Publié le par hugambrules

A l’image de Malik Oussekine, on se souviendra longtemps de Remy Fraise. De la même manière que le crime commis par les voltigeurs (à moto avec une batte de base-ball) de Pasqua, la mort de Rémi Fraisse est aussi une conséquence inévitable de la politique d‘exacerbation des tensions. Les promoteurs du barrage et les pouvoirs politiques ayant tout fait pour hâter le pas.

Le style de démarche « gros bras » s’est parfaitement illustré lors l’étape du déboisement du site.

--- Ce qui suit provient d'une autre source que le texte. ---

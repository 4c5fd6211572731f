-- ===== src/Liquidation/Tests.antt =====
-- Targets of a concrete book, and the theorem at it.
use algo_poc.Prelude.{
  ℕ, ◌≡◌, refl, Bool, true, false, str_eq, String, some, none, List, [], ◌∷◌, filter, length,
}
use algo_poc.Prelude.Int.{pos}
use algo_poc.Book.Fill.{same_text}
use algo_poc.Book.State.{Position}
use algo_poc.Liquidation.Targets.{
  Key, same_id, same_key, target_of, aggregate, aggregate_all, selected, load_liquidation_targets,
}
use algo_poc.Liquidation.Totals.{
  planned, open_quantity, AreSeparate, load_liquidation_targets-AreSeparate,
}

abbrev held_in : String → ℕ → Position
held_in portfolio quantity = record {
  account_id = some "DU1";
  ticker = "AAPL";
  portfolio = portfolio;
  con_id = some (pos 265598);
  exchange = some "SMART";
  currency = some "USD";
  quantity = quantity;
  avg_entry_price = record { num = 500_000; den = 1 };
  current_price = 500_000;
  peak_price = 500_000;
  highest_price_since_entry = 500_000;
  sector = none;
  opened_at = 5;
  is_open = true;
}

abbrev positions : List Position
positions =
    held_in "momentum" 40
    ∷ held_in "value" 10
    ∷ held_in "momentum" 2
    ∷ record (held_in "value" 7) { is_open = false }
    ∷ []

two_targets : length (load_liquidation_targets (some "DU1") positions) ≡ 2
unfolding load_liquidation_targets aggregate_all aggregate target_of same_key same_id same_text
two_targets = refl

abbrev in_momentum : Key → Bool
in_momentum k = str_eq k.portfolio "momentum"

load_liquidation_targets-AreSeparate_example :
    AreSeparate (load_liquidation_targets (some "DU1") positions)
    × (planned in_momentum (load_liquidation_targets (some "DU1") positions)
        ≡ open_quantity in_momentum (filter (selected (some "DU1")) positions))
load_liquidation_targets-AreSeparate_example =
    load_liquidation_targets-AreSeparate (some "DU1") positions in_momentum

La fédération France Nature Environnement avait saisi le Tribunal administratif pour bloquer sa réalisation. Aussitôt, l’organisme chargé de l’ouvrage et les pouvoirs publics ont conjointement déployé massivement machines et gendarmes mobiles, de façon à nettoyer la zone de ses opposants et à couper les arbres à marche forcée. Le timing était précis : le déboisement était achevé quelques heures avant que le Tribunal administratif ne rende son avis. Même en cas de jugement défavorable, il aurait été trop tard... Autre fait édifiant : lors de la manifestation festive et joyeuse du 25 octobre, il ne restait aucun engin sur le chantier, et donc strictement rien à protéger par les gendarmes. La fête organisée sur le site par les opposants ne comportait aucun risque d’aucune sorte, puisqu’elle n’était pas en ville et qu’il n’y avait rien à détruire ou dégrader. Rien, strictement rien, ne justifiait la présence de gendarmes, et encore moins une présence aussi massive et agressive. Rien sauf... la volonté de pousser les opposants à réagir et de provoquer des violences. Dans ces circonstances, la mort de Rémi Fraisse alors qu’il fuyait une charge de gendarmerie, tué par une grenade offensive encore utilisée abusivement, n’est pas un hasard mais le résultat d’un processus révoltant.

En guise d’oraison pour Rémi Fraisse, le président du Conseil général du Tarn, a eu des mots qui resteront dans les annales : « Mourir pour des idées, c’est une chose, mais c’est quand même relativement stupide et bête ». Transmis à Jean Moulin, Guy Môquet, Manouchian, Jean Jaurès ou aux dizaines de milliers de Résistants, ces paroles peuvent être apparenté à des insultes et mais dans la bouche d'un notable socialiste, ces parole ne sont juste que la confirmation d'une chose bien acquise: Vivre et faire carrière sans idéal avec le PS, c’est une aubaine, et c’est très répandu. En témoigne le fait que la grande majorité des 130 000 adhérents du Parti socialiste ne le sont que parce qu’ils sont élus ou espèrent l’être, ou d’après l’attitude des élus après leurs mandats qui ne reprennent plus leur carte.